Find the probability that
(i) the first marble is black and the second marble is white.
(ii) both marbles have different colours.
▶️ Answer/Explanation
(a)(i) $\frac{5}{12}$
Probability is favorable outcomes over total: $\frac{10}{24} = \frac{5}{12}$.
(a)(ii) $\frac{7}{12}$
Probability of not yellow is 1 minus probability of yellow: $1 – \frac{5}{12} = \frac{7}{12}$.
(b)(i) $\frac{4}{35}$
First marble black: $\frac{4}{15}$. Second marble white: $\frac{6}{14}$. Multiply them: $\frac{4}{15} \times \frac{6}{14} = \frac{4}{35}$.
(b)(ii) $\frac{74}{105}$
Calculate 1 minus probability of same colors: $1 – (\frac{5}{15}\times\frac{4}{14} + \frac{6}{15}\times\frac{5}{14} + \frac{4}{15}\times\frac{3}{14}) = \frac{74}{105}$.
Topic – 2.13
Given: \( f(x) = 2x – 5 \) and \( g(x) = x^2 – 2x \)
(a) Find:
(i) \( f(7) \)
(ii) \( gf(7) \)
(iii) \( f^{-1}(x) \).
(b) Find \( gf(x) – 3g(x) \).
Give your answer in the form \( ax^2 + bx + c \).
▶️ Answer/Explanation
(a)(i) 9
Substitute x=7 into f(x): \( f(7) = 2(7) – 5 = 14 – 5 = 9 \).
(a)(ii) 63
First find f(7)=9, then g(9): \( g(9) = 9^2 – 2(9) = 81 – 18 = 63 \).
(a)(iii) \( \frac{x + 5}{2} \)
Let y=2x-5, swap x and y: x=2y-5. Solve for y: \( y = \frac{x + 5}{2} \).
(b) \( x^2 – 18x + 35 \)
First find gf(x): \( g(f(x)) = (2x-5)^2 – 2(2x-5) \).
Then subtract 3g(x): \( (4x^2-20x+25)-(4x-10)-3(x^2-2x) \).
Simplify to get \( x^2 – 18x + 35 \).
Topic – 2.12
A curve has the equation \( y = x^3 – 9x^2 – 48x \).
(a) Differentiate \( x^3 – 9x^2 – 48x \).
(b) Find the coordinates of the turning points of the graph of \( y = x^3 – 9x^2 – 48x \). You must show all your working.

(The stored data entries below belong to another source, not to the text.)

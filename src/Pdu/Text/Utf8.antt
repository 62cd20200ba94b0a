-- ===== src/Pdu/Text/Utf8.antt =====
-- `ucs2_to_utf8` against a reference decoder of UTF-8.
use esp32c3_sms_gateway.Prelude.{
  ℕ, zero, suc, ◌+◌, ◌-◌, ◌*◌, ◌/◌, ◌%◌, ◌≤◌, ◌<◌, ◌≡◌, ◌⊎◌, inl, inr, refl, arith, ◌∙◌, true,
  false, bit_or, ◌&&◌, Bool, not, Option, none, some, List, [], ◌∷◌, ◌++◌, length, length-append,
  drop, All, get_elem?-drop, drop-suc, ltb, leb, if◌then◌else◌,
}
use esp32c3_sms_gateway.Prelude.Bits.{◌<<<◌, bit_and-ones, shl-bit_or}
use esp32c3_sms_gateway.Prelude.Result.{ok}
use esp32c3_sms_gateway.Pdu.Text.{utf8_unit, ucs2_loop, ucs2_to_utf8}
use mathlib.Core.Option
use native.Mathlib.Numerals.{add-one, add-two}

abbrev pub is_surrogate : ℕ → Bool
is_surrogate u = leb 0xd800 u && ltb u 0xe000

-- A code point that UTF-8 codes in a form for `least` and more.
abbrev is_scalar : ℕ → ℕ → Bool
is_scalar least u = leb least u && (ltb u 0x110000 && not (is_surrogate u))

-- The code points of a UTF-8 text (RFC 3629); `pending` bytes of the code point that began with
-- `acc`, whose form codes no less than `least`, are missing. `none` is malformed text: a missing or
-- a stray byte, an overlong form, a surrogate, or a number that is too large.
unfoldable pub utf8_scan : ℕ → ℕ → ℕ → List ℕ → Option (List ℕ)
utf8_scan zero least acc [] = some []
utf8_scan (suc pending) least acc [] = none
utf8_scan zero least acc (b ∷ s) =
    let whole = Option.map (λ us. b ∷ us) (utf8_scan 0 0 0 s) in
    let two = utf8_scan 1 0x80 (b - 0xc0) s in
    let three = utf8_scan 2 0x800 (b - 0xe0) s in
    let four = utf8_scan 3 0x10000 (b - 0xf0) s in
    if ltb b 0x80
    then whole
    else if ltb b 0xc0
    then none
    else if ltb b 0xe0
    then two
    else if ltb b 0xf0
    then three
    else if ltb b 0xf8
    then four
    else none
utf8_scan (suc zero) least acc (b ∷ s) =
    let u = acc * 64 + (b - 0x80) in
    let last = Option.map (λ us. u ∷ us) (utf8_scan 0 0 0 s) in
    if leb 0x80 b && (ltb b 0xc0 && is_scalar least u) then last else none
utf8_scan (suc (suc pending)) least acc (b ∷ s) =
    let more = utf8_scan (suc pending) least (acc * 64 + (b - 0x80)) s in
    if leb 0x80 b && ltb b 0xc0 then more else none

-- The code points of a UTF-8 text.
abbrev pub utf8_points : List ℕ → Option (List ℕ)
utf8_points = utf8_scan 0 0 0

-- What 16-bit units say as code points: none for a text with half of a surrogate pair.
unfoldable pub unit_points : List ℕ → Option (List ℕ)
unit_points [] = some []
unit_points (u ∷ us) =
    let rest = Option.map (λ vs. u ∷ vs) (unit_points us) in if is_surrogate u then none else rest

unit_one : (u : ℕ) → u < 0x80 → utf8_unit u ≡ u ∷ []
unfolding utf8_unit
unit_one u h = ground arith

unit_two : (u : ℕ) → 0x80 ≤ u → u < 0x800 → utf8_unit u ≡ (0xc0 + u / 64) ∷ (0x80 + u % 64) ∷ []
unfolding utf8_unit
unit_two u lo hi =
    ground (arith, shl-bit_or 6 3 (u / 64), shl-bit_or 6 2 (u % 64), bit_and-ones 6 u)

unit_three :
    (u : ℕ)
    → 0x800 ≤ u
    → u < 0x10000
    → utf8_unit u ≡ (0xe0 + u / 4096) ∷ (0x80 + u / 64 % 64) ∷ (0x80 + u % 64) ∷ []
unfolding utf8_unit
unit_three u lo hi = ground (
  arith,
  shl-bit_or 4 14 (u / 4096),
  shl-bit_or 6 2 (u / 64 % 64),
  shl-bit_or 6 2 (u % 64),
  bit_and-ones 6 (u / 64),
  bit_and-ones 6 u,
)

unit_range : (u : ℕ) → (u < 0x80) ⊎ (((0x80 ≤ u) × (u < 0x800)) ⊎ (0x800 ≤ u))
unit_range u = grind arith

flipped : {A : Type 0} (b : Bool) (x y : A) → (if not b then x else y) ≡ (if b then y else x)
flipped true x y = refl
flipped false x y = refl

scan-lead_one :
    (u : ℕ) (s : List ℕ)
    → u < 0x80
    → utf8_points (u ∷ s) ≡ Option.map (λ us. u ∷ us) (utf8_points s)
unfolding utf8_scan
scan-lead_one u s h = let one : ltb u 0x80 ≡ true = ground (arith, h) in rw (one, utf8_scan) refl

scan-lead_two : (a : ℕ) (s : List ℕ) → a < 32 → utf8_points ((0xc0 + a) ∷ s) ≡ utf8_scan 1 0x80 a s
unfolding utf8_scan
scan-lead_two a s h =
    let one : ltb (0xc0 + a) 0x80 ≡ false = ground (arith, h) in
    let stray : ltb (0xc0 + a) 0xc0 ≡ false = ground (arith, h) in
    let two : ltb (0xc0 + a) 0xe0 ≡ true = ground (arith, h) in
    let bits : 0xc0 + a - 0xc0 ≡ a = omega arith in rw (one, stray, two, bits, utf8_scan) refl

scan-lead_three :
    (a : ℕ) (s : List ℕ) → a < 16 → utf8_points ((0xe0 + a) ∷ s) ≡ utf8_scan 2 0x800 a s
unfolding utf8_scan
scan-lead_three a s h =
    let one : ltb (0xe0 + a) 0x80 ≡ false = ground (arith, h) in
    let stray : ltb (0xe0 + a) 0xc0 ≡ false = ground (arith, h) in
    let two : ltb (0xe0 + a) 0xe0 ≡ false = ground (arith, h) in
    let three : ltb (0xe0 + a) 0xf0 ≡ true = ground (arith, h) in
    let bits : 0xe0 + a - 0xe0 ≡ a = omega arith in
    rw (one, stray, two, three, bits, utf8_scan) refl

scan-more :
    (pending least acc d : ℕ) (s : List ℕ)
    → d < 64
    → utf8_scan (suc (suc pending)) least acc ((0x80 + d) ∷ s)
      ≡ utf8_scan (suc pending) least (acc * 64 + d) s
unfolding utf8_scan
scan-more pending least acc d s h =
    let lo : leb 0x80 (0x80 + d) ≡ true = ground (arith, h) in
    let hi : ltb (0x80 + d) 0xc0 ≡ true = ground (arith, h) in
    let bits : 0x80 + d - 0x80 ≡ d = omega arith in rw (lo, hi, bits, utf8_scan) refl

scan-last :
    (least acc d u : ℕ) (s : List ℕ)
    → d < 64
    → acc * 64 + d ≡ u
    → least ≤ u
    → u < 0x10000
    → utf8_scan 1 least acc ((0x80 + d) ∷ s)
      ≡ (if is_surrogate u then none else Option.map (λ us. u ∷ us) (utf8_points s))
unfolding utf8_scan
scan-last least acc d u s h e enough small =
    let lo : leb 0x80 (0x80 + d) ≡ true = ground (arith, h) in
    let hi : ltb (0x80 + d) 0xc0 ≡ true = ground (arith, h) in
    let bits : acc * 64 + (0x80 + d - 0x80) ≡ u = omega (arith, e) in
    let form : leb least u ≡ true = ground (arith, enough) in
    let unicode : ltb u 0x110000 ≡ true = ground (arith, small) in
    rw (lo, hi, bits, form, unicode, utf8_scan) (flipped (is_surrogate u) _ _)

utf8_points-utf8_unit :
    (u : ℕ) (s : List ℕ)
    → u < 0x10000
    → utf8_points (utf8_unit u ++ s)
      ≡ (if is_surrogate u then none else Option.map (λ vs. u ∷ vs) (utf8_points s))
utf8_points-utf8_unit u s h = elim (unit_range u) [
  | inl small ↦
      let plain : leb 0xd800 u ≡ false = ground (arith, small) in
      rw (unit_one u small, plain) (scan-lead_one u s small)
  | inr (inl (lo, hi)) ↦ rw (unit_two u lo hi) (
      scan-lead_two (u / 64) ((0x80 + u % 64) ∷ s) (omega (arith, hi))
      ∙ scan-last 0x80 (u / 64) (u % 64) u s (omega arith) (omega arith) lo h)
  | inr (inr lo) ↦ rw (unit_three u lo h) (
      scan-lead_three (u / 4096) ((0x80 + u / 64 % 64) ∷ (0x80 + u % 64) ∷ s) (omega (arith, h))
      ∙ scan-more 0 0x800 (u / 4096) (u / 64 % 64) ((0x80 + u % 64) ∷ s) (omega arith)
      ∙ scan-last 0x800 (u / 4096 * 64 + u / 64 % 64) (u % 64) u s (omega arith) (omega arith) lo h)
]

-- Big-endian 16-bit units, as a UCS2 payload holds them.
unfoldable pub be_units : List ℕ → List ℕ
be_units [] = []
be_units (u ∷ us) = (u / 256) ∷ (u % 256) ∷ be_units us

abbrev pub IsUnit16 : ℕ → Type 0
IsUnit16 u = u < 0x10000

pub length-be_units : (us : List ℕ) → length (be_units us) ≡ 2 * length us
unfolding be_units
length-be_units [] = omega arith
length-be_units (u ∷ us) = omega (arith, length-be_units us)

unit_of_bytes : (u : ℕ) → bit_or ((u / 256) <<< 8) (u % 256) ≡ u
unit_of_bytes u = omega (arith, shl-bit_or 8 (u / 256) (u % 256) (omega arith))

utf8_text : List ℕ → List ℕ
utf8_text [] = []
utf8_text (u ∷ us) = utf8_unit u ++ utf8_text us

ucs2_loop-utf8_text :
    (buf us rest : List ℕ) (i : ℕ)
    → drop i buf ≡ be_units us ++ rest
    → ucs2_loop buf (length us) i ≡ ok (utf8_text us)
unfolding ucs2_loop utf8_text be_units
ucs2_loop-utf8_text buf [] rest i e = refl
ucs2_loop-utf8_text buf (u ∷ us) rest i e =
    let e1 : drop (i + 1) buf ≡ (u % 256) ∷ be_units us ++ rest = rw add-one (drop-suc i buf e) in
    let e2 : drop (i + 2) buf ≡ be_units us ++ rest =
      rw add-two (drop-suc (suc i) buf (drop-suc i buf e)) in
    ground (
      arith,
      get_elem?-drop i buf e,
      get_elem?-drop (i + 1) buf e1,
      unit_of_bytes u,
      ucs2_loop-utf8_text buf us rest (i + 2) e2,
    )

utf8_points-utf8_text :
    (us : List ℕ) → All IsUnit16 us → utf8_points (utf8_text us) ≡ unit_points us
unfolding utf8_text unit_points
utf8_points-utf8_text [] h = unfold utf8_scan in refl
utf8_points-utf8_text (u ∷ us) (hu, h) =
    rw (utf8_points-utf8_unit u (utf8_text us) hu, utf8_points-utf8_text us h) refl

pub length-utf8_unit : (u : ℕ) → length (utf8_unit u) ≤ 3
unfolding utf8_unit
length-utf8_unit u = ground arith

length-utf8_text : (us : List ℕ) → length (utf8_text us) ≤ 3 * length us
unfolding utf8_text
length-utf8_text [] = omega arith
length-utf8_text (u ∷ us) =
    omega
      (arith, length-append (utf8_unit u) (utf8_text us), length-utf8_unit u, length-utf8_text us)

-- On a payload of big-endian 16-bit units the decoder returns a text of at most three bytes a unit.
-- As UTF-8 this text has just these units as its code points where none of them is half of a
-- surrogate pair, and is malformed where one is.
pub ucs2_to_utf8-scan :
    (buf us rest : List ℕ) (start : ℕ)
    → All IsUnit16 us
    → drop start buf ≡ be_units us ++ rest
    → (text : List ℕ) × (ucs2_to_utf8 buf start (length (be_units us)) ≡ ok text)
      × (utf8_points text ≡ unit_points us)
      × (length text ≤ 3 * length us)
unfolding ucs2_to_utf8
ucs2_to_utf8-scan buf us rest start h e =
    let rounds : (length (be_units us) + 1) / 2 ≡ length us = omega (arith, length-be_units us) in
    (
      utf8_text us,
      rw rounds (ucs2_loop-utf8_text buf us rest start e),
      utf8_points-utf8_text us h,
      length-utf8_text us,
    )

(c) Determine whether each of the turning points is a maximum or a minimum. Give reasons for your answers.
▶️ Answer/Explanation
(a) \( 3x^2 – 18x – 48 \)
Differentiate term by term using the power rule: \( \frac{d}{dx}(x^3) = 3x^2 \), \( \frac{d}{dx}(-9x^2) = -18x \), and \( \frac{d}{dx}(-48x) = -48 \).
(b) \((-2, 52)\) and \((8, -448)\)
Set derivative equal to zero: \( 3x^2 – 18x – 48 = 0 \). Simplify to \( x^2 – 6x – 16 = 0 \). Solve using quadratic formula to get x = -2 and x = 8.
Substitute these x-values back into original equation to find corresponding y-values.
(c) \((-2, 52)\) is maximum, \((8, -448)\) is minimum
Find second derivative: \( 6x – 18 \). For x = -2: \( 6(-2) – 18 = -30 \) (negative = maximum). For x = 8: \( 6(8) – 18 = 30 \) (positive = minimum).